Climate change: A risk to the global middle class

An assessment on the economic implications of climate change on the world's middle class.

Climate: change for the middle class

There is no doubt that climate events are on the rise, and that people around the world are increasingly vulnerable to the impacts of climate change. Worldwide, economic losses from natural catastrophes increased from USD 528 billion from 1981 to 1990 to USD 1,213 billion from 2001 to 2010.1

While there have been several studies analysing this, few have focused on the estimated one billion people that make up the world's middle-class - characteristically one of the most dynamic social groups globally..
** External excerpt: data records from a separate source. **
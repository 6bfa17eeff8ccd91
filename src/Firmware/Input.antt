-- ===== src/Firmware/Input.antt =====
-- What a frame of the input leaves alone of the shared cells (`handle_exti_frame` of
-- rm32_stm32/src/isr_handlers.rs), and the throttle after a command.
use rm32_private.Base.{ℕ, Bool, true, false, ◌≡◌, refl, arith, ◌∙◌, Option}
use rm32_private.Shared.{SharedState, is_armed, is_running}
use rm32_private.DshotCommands.{
  Env, execute, after_count, fire, counted, CommandProcessor, CommandResult, no_result, play_tone,
  send_esc_info, save_settings, programming_commit,
}
use rm32_private.DshotCommands
use rm32_private.Transfer.{
  Transfer, TransferAction, dshot, servo_input, no_action, servo_calibrating, input_detected,
  dshot_throttle, dshot_command, servo_throttle, process,
}
use rm32_private.Firmware.{
  Interrupt, raise, run_command, act_on, handle_exti_frame, frame_inputs, request_telemetry,
}

raise-keeps :
    (r : CommandResult) (s : SharedState)
    → ((raise r s).dshot_telemetry ≡ s.dshot_telemetry) × ((raise r s).newinput ≡ s.newinput)
unfolding raise
raise-keeps no_result s = (refl, refl)
raise-keeps (play_tone n) s = (refl, refl)
raise-keeps send_esc_info s = (refl, refl)
raise-keeps save_settings s = (refl, refl)
raise-keeps (programming_commit i v) s = (refl, refl)

request-keeps :
    (b : Bool) (s : SharedState)
    → ((request_telemetry b s).dshot_telemetry ≡ s.dshot_telemetry)
      × ((request_telemetry b s).newinput ≡ s.newinput)
request-keeps true s = (refl, refl)
request-keeps false s = (refl, refl)

pub run_command-keeps :
    (cmd : ℕ) (telemetry : Bool) (m : Interrupt)
    → (((run_command cmd telemetry m).shared).dshot_telemetry ≡ (m.shared).dshot_telemetry)
      × (((run_command cmd telemetry m).shared).newinput ≡ 0)
unfolding run_command
run_command-keeps cmd telemetry m =
    let st = m.state in
    let s0 = record (m.shared) { newinput = 0 } in
    let s2 = record (request_telemetry telemetry s0) { signal_timeout = 0 } in
    let env : Env = record {
      processor = st.cmd;
      config = st.config;
      forward = st.forward;
      edt_armed = st.edt_armed;
    } in
    let r =
      DshotCommands.process cmd (is_armed s2) (is_running s2) (st.cmd).extended_telemetry env in
    (
      (raise-keeps r.1 s2).0 ∙ (request-keeps telemetry s0).0,
      (raise-keeps r.1 s2).1 ∙ (request-keeps telemetry s0).1,
    )

act_on-telemetry :
    (a : TransferAction) (m : Interrupt)
    → ((act_on a m).shared).dshot_telemetry ≡ (m.shared).dshot_telemetry
unfolding act_on
act_on-telemetry no_action m = refl
act_on-telemetry (input_detected dshot) m = refl
act_on-telemetry (input_detected servo_input) m = refl
act_on-telemetry (dshot_throttle value telemetry) m = ground arith
act_on-telemetry (dshot_command cmd telemetry) m = (run_command-keeps cmd telemetry m).0
act_on-telemetry (servo_throttle value) m = refl
act_on-telemetry servo_calibrating m = refl

-- The interrupt with the outcome of the dispatch stored, which the action works on.
abbrev pub dispatched : Bool → Interrupt → Transfer
dispatched pin_high m =
    (process (frame_inputs pin_high m) ((m.state).input).dma_buf (m.shared).zero_input_count
      (m.state).transfer).0

abbrev pub frametime_of : Bool → Interrupt → Option (ℕ × ℕ)
frametime_of pin_high m =
    (process (frame_inputs pin_high m) ((m.state).input).dma_buf (m.shared).zero_input_count
      (m.state).transfer).1

abbrev pub stored : Bool → Interrupt → Interrupt
stored pin_high m = record m {
  state = record (m.state) { transfer = (dispatched pin_high m).state };
  shared = record (m.shared) { zero_input_count = (dispatched pin_high m).zero_input_count };
}

pub handle_exti_frame-telemetry :
    (pin_high : Bool) (m : Interrupt)
    → ((handle_exti_frame pin_high m).shared).dshot_telemetry ≡ (m.shared).dshot_telemetry
unfolding handle_exti_frame
handle_exti_frame-telemetry pin_high m =
    act_on-telemetry ((dispatched pin_high m).action) (stored pin_high m)
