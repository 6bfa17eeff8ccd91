-- ===== src/MainLoop/Frames.antt =====
-- What the parts of the iteration leave alone.
use rm32_private.Base.{
  ℕ, ◌≡◌, refl, ◌∙◌, Bool, not, ◌&&◌, ltb, ◌!=◌, inl, inr, Bool-cases, Option, some, none,
}
use rm32_private.Base.Int.{ℤ, pos, ltb_ℤ}
use rm32_private.Config.{EepromConfig, low_voltage_cut_off, stall_protection}
use rm32_private.Shared.{
  is_armed, is_running, is_stepper_sine, e_com_time, set_degrees_celsius, set_actual_current,
}
use rm32_private.Input.{ProtectionState}
use rm32_private.Pid.{PidState, tick_speed_control}
use rm32_private.Sensors.{FixedPoint}
use rm32_private.MainLoop.{World, Adc}
use rm32_private.MainLoop.Protection.{
  clear_timeouts, detect_stall, set_bemf_threshold, detect_desync, check_signal, update_erpm,
  check_voltage, is_stalled,
}
use rm32_private.MainLoop.Measure.{
  measure, detect_cells, regulate_stall, regulate_current, regulate_speed, report, accumulate,
  overridden,
}
use rm32_private.MainLoop.Publish.{publish, published, blink}
use rm32_private.MainLoop.Tick.{average_of, watch, protect, regulate, settled, tick}

-- The settings and the constants of the hardware.
abbrev pub constants : {U : Type 0} → World U → EepromConfig × ℕ × ℕ
constants w = ((w.main).config, (w.main).timer1_max_arr, (w.main).cpu_mhz)

-- The mode, the input latch, the protection state and the flag of bidirectional telemetry.
abbrev pub safety : {U : Type 0} → World U → ℕ × Bool × ProtectionState × Bool
safety w =
    ((w.shared).motor_mode, (w.shared).input_set, (w.main).protection, (w.shared).dshot_telemetry)

module _ {U : Type 0} where
  average_of-constants : (time : ℤ) (w : World U) → constants (average_of time w) ≡ constants w
  unfolding average_of
  average_of-constants time w = refl

  clear_timeouts-constants :
      (zc : ℕ) (raw : ℕ) (w : World U) → constants (clear_timeouts zc raw w) ≡ constants w
  unfolding clear_timeouts
  clear_timeouts-constants zc raw w = refl

  detect_stall-constants : (w : World U) → constants (detect_stall w) ≡ constants w
  unfolding detect_stall
  detect_stall-constants w = elim (Bool-cases (is_stalled w.shared)) [
    | inl h ↦ rw h refl
    | inr h ↦ rw h refl
  ]

  set_bemf_threshold-constants :
      (raw : ℕ) (w : World U) → constants (set_bemf_threshold raw w) ≡ constants w
  unfolding set_bemf_threshold
  set_bemf_threshold-constants raw w = refl

  detect_desync-constants : (zc : ℕ) (w : World U) → constants (detect_desync zc w) ≡ constants w
  unfolding detect_desync
  detect_desync-constants zc w = elim (Bool-cases ((w.main).desync_check && ltb 10 zc)) [
    | inl h ↦ rw h refl
    | inr h ↦ rw h refl
  ]

  check_signal-constants : (w : World U) → constants (check_signal w) ≡ constants w
  unfolding check_signal
  check_signal-constants w =
      elim (Bool-cases (ltb 10000 (w.shared).signal_timeout && is_armed w.shared)) [
        | inl h ↦ rw h refl
        | inr h ↦ rw h refl
      ]

  update_erpm-constants : (time : ℤ) (w : World U) → constants (update_erpm time w) ≡ constants w
  unfolding update_erpm
  update_erpm-constants time w =
      elim (Bool-cases (not (is_stepper_sine w.shared) && ltb_ℤ (pos 0) time)) [
        | inl h ↦ rw h refl
        | inr h ↦ rw h refl
      ]

  check_voltage-constants : (w : World U) → constants (check_voltage w) ≡ constants w
  unfolding check_voltage
  check_voltage-constants w = elim (Bool-cases (low_voltage_cut_off ((w.main).config) != 0)) [
    | inl h ↦ rw h refl
    | inr h ↦ rw h refl
  ]

  measure-constants :
      (fixed : FixedPoint U) (adc : Adc) (w : World U)
      → constants (measure fixed adc w) ≡ constants w
  unfolding measure set_degrees_celsius set_actual_current
  measure-constants fixed adc w = refl

  detect_cells-constants : (w : World U) → constants (detect_cells w) ≡ constants w
  unfolding detect_cells
  detect_cells-constants w = refl

  regulate_stall-constants : (w : World U) → constants (regulate_stall w) ≡ constants w
  unfolding regulate_stall
  regulate_stall-constants w =
      elim (Bool-cases ((stall_protection ((w.main).config) != 0) && is_running w.shared)) [
        | inl h ↦ rw h refl
        | inr h ↦ rw h refl
      ]

  regulate_current-constants : (w : World U) → constants (regulate_current w) ≡ constants w
  unfolding regulate_current
  regulate_current-constants w = refl

  overridden-constants :
      (r : PidState × Option ℕ) (w : World U)
      → constants
          (record w { shared = overridden r.1 w.shared; main = record (w.main) { pid = r.0 } })
        ≡ constants w
  unfolding overridden
  overridden-constants (pid, none) w = refl
  overridden-constants (pid, some v) w = refl

  regulate_speed-constants : (zc : ℕ) (w : World U) → constants (regulate_speed zc w) ≡ constants w
  unfolding regulate_speed
  regulate_speed-constants zc w =
      overridden-constants
        (tick_speed_control (e_com_time w.shared) zc (is_running w.shared) (w.main).pid) w

  report-constants : (w : World U) → constants (report w) ≡ constants w
  unfolding report
  report-constants w = elim (Bool-cases ((w.shared).send_telemetry)) [
    | inl h ↦ rw h refl
    | inr h ↦ rw h refl
  ]

  accumulate-constants : (w : World U) → constants (accumulate w) ≡ constants w
  unfolding accumulate
  accumulate-constants w = refl

  measure-safety :
      (fixed : FixedPoint U) (adc : Adc) (w : World U) → safety (measure fixed adc w) ≡ safety w
  unfolding measure set_degrees_celsius set_actual_current
  measure-safety fixed adc w = refl

  detect_cells-safety : (w : World U) → safety (detect_cells w) ≡ safety w
  unfolding detect_cells
  detect_cells-safety w = refl

  regulate_stall-safety : (w : World U) → safety (regulate_stall w) ≡ safety w
  unfolding regulate_stall
  regulate_stall-safety w =
      elim (Bool-cases ((stall_protection ((w.main).config) != 0) && is_running w.shared)) [
        | inl h ↦ rw h refl
        | inr h ↦ rw h refl
      ]

  regulate_current-safety : (w : World U) → safety (regulate_current w) ≡ safety w
  unfolding regulate_current
  regulate_current-safety w = refl

  overridden-safety :
      (r : PidState × Option ℕ) (w : World U)
      → safety (record w { shared = overridden r.1 w.shared; main = record (w.main) { pid = r.0 } })
        ≡ safety w
  unfolding overridden
  overridden-safety (pid, none) w = refl
  overridden-safety (pid, some v) w = refl

  regulate_speed-safety : (zc : ℕ) (w : World U) → safety (regulate_speed zc w) ≡ safety w
  unfolding regulate_speed
  regulate_speed-safety zc w =
      overridden-safety
        (tick_speed_control (e_com_time w.shared) zc (is_running w.shared) (w.main).pid) w

  report-safety : (w : World U) → safety (report w) ≡ safety w
  unfolding report
  report-safety w = elim (Bool-cases ((w.shared).send_telemetry)) [
    | inl h ↦ rw h refl
    | inr h ↦ rw h refl
  ]

  accumulate-safety : (w : World U) → safety (accumulate w) ≡ safety w
  unfolding accumulate
  accumulate-safety w = refl

  pub protect-constants :
      (time : ℤ) (zc raw : ℕ) (w : World U) → constants (protect time zc raw w) ≡ constants w
  unfolding protect watch
  protect-constants time zc raw w =
      let w1 = average_of time w in
      let w2 = clear_timeouts zc raw w1 in
      let w3 = detect_stall w2 in
      let w4 = set_bemf_threshold raw w3 in
      let w5 = detect_desync zc w4 in
      let w6 = check_signal w5 in
      let w7 = update_erpm time w6 in
      check_voltage-constants w7
      ∙ update_erpm-constants time w6
      ∙ check_signal-constants w5
      ∙ detect_desync-constants zc w4
      ∙ set_bemf_threshold-constants raw w3
      ∙ detect_stall-constants w2
      ∙ clear_timeouts-constants zc raw w1
      ∙ average_of-constants time w

  pub regulate-constants :
      (fixed : FixedPoint U) (adc : Adc) (zc : ℕ) (w : World U)
      → constants (regulate fixed adc zc w) ≡ constants w
  unfolding regulate
  regulate-constants fixed adc zc w =
      let w1 = measure fixed adc w in
      let w2 = detect_cells w1 in
      let w3 = regulate_stall w2 in
      let w4 = regulate_current w3 in
      regulate_speed-constants zc w4
      ∙ regulate_current-constants w3
      ∙ regulate_stall-constants w2
      ∙ detect_cells-constants w1
      ∙ measure-constants fixed adc w

  pub regulate-safety :
      (fixed : FixedPoint U) (adc : Adc) (zc : ℕ) (w : World U)
      → safety (regulate fixed adc zc w) ≡ safety w
  unfolding regulate
  regulate-safety fixed adc zc w =
      let w1 = measure fixed adc w in
      let w2 = detect_cells w1 in
      let w3 = regulate_stall w2 in
      let w4 = regulate_current w3 in
      regulate_speed-safety zc w4
      ∙ regulate_current-safety w3
      ∙ regulate_stall-safety w2
      ∙ detect_cells-safety w1
      ∙ measure-safety fixed adc w

  pub settled-constants :
      (fixed : FixedPoint U) (adc : Adc) (w : World U)
      → constants (settled fixed adc w) ≡ constants w
  unfolding settled
  settled-constants fixed adc w =
      let s = w.shared in
      let guarded = protect (e_com_time s) s.zero_crosses s.newinput w in
      let regulated = regulate fixed adc s.zero_crosses guarded in
      accumulate-constants (report regulated)
      ∙ report-constants regulated
      ∙ regulate-constants fixed adc s.zero_crosses guarded
      ∙ protect-constants (e_com_time s) s.zero_crosses s.newinput w

  -- After the first half nothing changes the mode, the latch, the protection state or the flag.
  pub tick-safety :
      (fixed : FixedPoint U) (adc : Adc) (w : World U)
      → safety (tick fixed adc w)
        ≡ safety (protect (e_com_time w.shared) (w.shared).zero_crosses (w.shared).newinput w)
  unfolding tick settled publish published blink
  tick-safety fixed adc w =
      let s = w.shared in
      let guarded = protect (e_com_time s) s.zero_crosses s.newinput w in
      let regulated = regulate fixed adc s.zero_crosses guarded in
      accumulate-safety (report regulated)
      ∙ report-safety regulated
      ∙ regulate-safety fixed adc s.zero_crosses guarded
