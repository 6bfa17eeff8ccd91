-- ===== src/Firmware/Loop.antt =====
-- What the main loop's iteration (rm32/src/main_state.rs) leaves to the interrupts: the flag of
-- bidirectional telemetry.
use rm32_private.Base.{
  ℕ, ◌≡◌, refl, ap, ◌∙◌, Bool, true, not, ◌&&◌, ltb, ◌!=◌, ◌==◌, ◌||◌, if◌then◌else◌, inl, inr,
  Bool-cases,
}
use rm32_private.Base.Int.{ℤ, pos, ltb_ℤ}
use rm32_private.Config.{EepromConfig, low_voltage_cut_off, bi_direction}
use rm32_private.MotorMode.{disarm, stop_motor, desync_fallback}
use rm32_private.Shared.{
  SharedState, transition, set_old_routine, is_armed, is_stepper_sine, e_com_time,
}
use rm32_private.Sensors.{FixedPoint}
use rm32_private.MainLoop.{World, Adc}
use rm32_private.MainLoop.Protection.{
  clear_timeouts, detect_stall, set_bemf_threshold, detect_desync, check_signal, update_erpm,
  check_voltage, is_stalled, stall_shared, desync_shared, is_desync, is_cut, voltage_count,
}
use rm32_private.MainLoop.Tick.{average_of, watch, protect, tick}
use rm32_private.MainLoop.Frames.{tick-safety}
use rm32_private.Shared.Untouched.{transition-telemetry, old_routine-telemetry, either}

stall_shared-telemetry : (s : SharedState) → (stall_shared s).dshot_telemetry ≡ s.dshot_telemetry
unfolding stall_shared
stall_shared-telemetry s =
    let polling = set_old_routine true s in
    either (ltb polling.adjusted_input 47)
      (record (transition stop_motor polling) { commutation_interval = 5000 }) polling s
      (transition-telemetry stop_motor polling ∙ old_routine-telemetry true s)
      (old_routine-telemetry true s)

desync_shared-telemetry :
    (config : EepromConfig) (s : SharedState)
    → (desync_shared config s).dshot_telemetry ≡ s.dshot_telemetry
unfolding desync_shared
desync_shared-telemetry config s =
    let reset = record s { zero_crosses = 0 } in
    let stops =
      ((bi_direction config == 0) && ltb 47 reset.adjusted_input)
      || ltb 1000 reset.commutation_interval in
    let stopped = if stops then transition stop_motor reset else reset in
    transition-telemetry desync_fallback stopped
    ∙ either stops (transition stop_motor reset) reset s (transition-telemetry stop_motor reset)
        refl

module _ {U : Type 0} where
  abbrev telemetry : World U → Bool
  telemetry w = (w.shared).dshot_telemetry

  clear_timeouts-telemetry :
      (zc raw : ℕ) (w : World U) → telemetry (clear_timeouts zc raw w) ≡ telemetry w
  unfolding clear_timeouts
  clear_timeouts-telemetry zc raw w = refl

  detect_stall-telemetry : (w : World U) → telemetry (detect_stall w) ≡ telemetry w
  unfolding detect_stall stall_shared
  detect_stall-telemetry w = elim (Bool-cases (is_stalled w.shared)) [
    | inl h ↦ rw h (stall_shared-telemetry w.shared)
    | inr h ↦ rw h refl
  ]

  set_bemf_threshold-telemetry :
      (raw : ℕ) (w : World U) → telemetry (set_bemf_threshold raw w) ≡ telemetry w
  unfolding set_bemf_threshold
  set_bemf_threshold-telemetry raw w = refl

  detect_desync-telemetry : (zc : ℕ) (w : World U) → telemetry (detect_desync zc w) ≡ telemetry w
  unfolding detect_desync desync_shared
  detect_desync-telemetry zc w = elim (Bool-cases ((w.main).desync_check && ltb 10 zc)) [
    | inl h ↦ rw h (
        either (is_desync (w.main).timing) (desync_shared ((w.main).config) w.shared) w.shared
          w.shared (desync_shared-telemetry ((w.main).config) w.shared) refl)
    | inr h ↦ rw h refl
  ]

  check_signal-telemetry : (w : World U) → telemetry (check_signal w) ≡ telemetry w
  unfolding check_signal
  check_signal-telemetry w =
      elim (Bool-cases (ltb 10000 (w.shared).signal_timeout && is_armed w.shared)) [
        | inl h ↦ rw h (transition-telemetry disarm w.shared)
        | inr h ↦ rw h refl
      ]

  update_erpm-telemetry : (time : ℤ) (w : World U) → telemetry (update_erpm time w) ≡ telemetry w
  unfolding update_erpm
  update_erpm-telemetry time w =
      elim (Bool-cases (not (is_stepper_sine w.shared) && ltb_ℤ (pos 0) time)) [
        | inl h ↦ rw h refl
        | inr h ↦ rw h refl
      ]

  check_voltage-telemetry : (w : World U) → telemetry (check_voltage w) ≡ telemetry w
  unfolding check_voltage
  check_voltage-telemetry w = elim (Bool-cases (low_voltage_cut_off ((w.main).config) != 0)) [
    | inl h ↦ rw h (
        either (is_cut w.shared (voltage_count w.main)) (transition disarm w.shared) w.shared
          w.shared (transition-telemetry disarm w.shared) refl)
    | inr h ↦ rw h refl
  ]

  protect-telemetry :
      (time : ℤ) (zc raw : ℕ) (w : World U) → telemetry (protect time zc raw w) ≡ telemetry w
  unfolding protect watch average_of
  protect-telemetry time zc raw w =
      let w1 = average_of time w in
      let w2 = clear_timeouts zc raw w1 in
      let w3 = detect_stall w2 in
      let w4 = set_bemf_threshold raw w3 in
      let w5 = detect_desync zc w4 in
      let w6 = check_signal w5 in
      let w7 = update_erpm time w6 in
      check_voltage-telemetry w7
      ∙ update_erpm-telemetry time w6
      ∙ check_signal-telemetry w5
      ∙ detect_desync-telemetry zc w4
      ∙ set_bemf_threshold-telemetry raw w3
      ∙ detect_stall-telemetry w2
      ∙ clear_timeouts-telemetry zc raw w1

  -- An iteration of the main loop leaves the flag of bidirectional telemetry alone.
  pub tick-telemetry :
      (fixed : FixedPoint U) (adc : Adc) (w : World U)
      → ((tick fixed adc w).shared).dshot_telemetry ≡ (w.shared).dshot_telemetry
  tick-telemetry fixed adc w =
      ap (λ p. p.3) (tick-safety fixed adc w)
      ∙ protect-telemetry (e_com_time w.shared) (w.shared).zero_crosses (w.shared).newinput w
In sheer numbers, assets, and monetary power, the middle-class make-up a powerful social group in most countries. Moreover, as a group increasingly at risk from the impacts of climate change, they also have the potential to be a driving force in demanding better climate policy from governments. In this study therefore, we at UBS, analyse the impacts of climate change on the city-dwelling middle-class across the globe.

Global urban risk

Our study reveals increasing risk to the wealth of middle-class households, as well as efforts to adapt to the effects of climate change. Over 75% of the world’s top-20 wealthiest cities are impacted by factors like temperature mortality and exposure to floods. The impacts of this are being felt by its residents, where our analysis reveals that middle-class spending patterns are noticeably different in cities that are most exposed to climate change risk, with a higher proportion of  household budget spent on housing and a lower proportion given over to high ticket discretionary spend . Despite this focus on property, uptake of property insurance is low. Swiss Re estimated that total global economic losses from natural disasters have averaged around USD 180 billion annually in the last decade, of which 70% is uninsured.2

We at UBS, believe that as climate change threatens to erode middle-class wealth, the cities in which they reside will also suffer. Cities are the drivers of economic growth, making their health and wealth crucial to the prosperity of global economies. Moreover, the global interconnectedness of economies means local disasters can impact the world economy.

Our study highlights the need for governments in affected areas to take a more proactive approach toward insurability, or risk suffering major economic shocks. We believe it will take adaption, investments in infrastructure, and new levels of human ingenuity to safeguard the middle class against the impacts of climate change.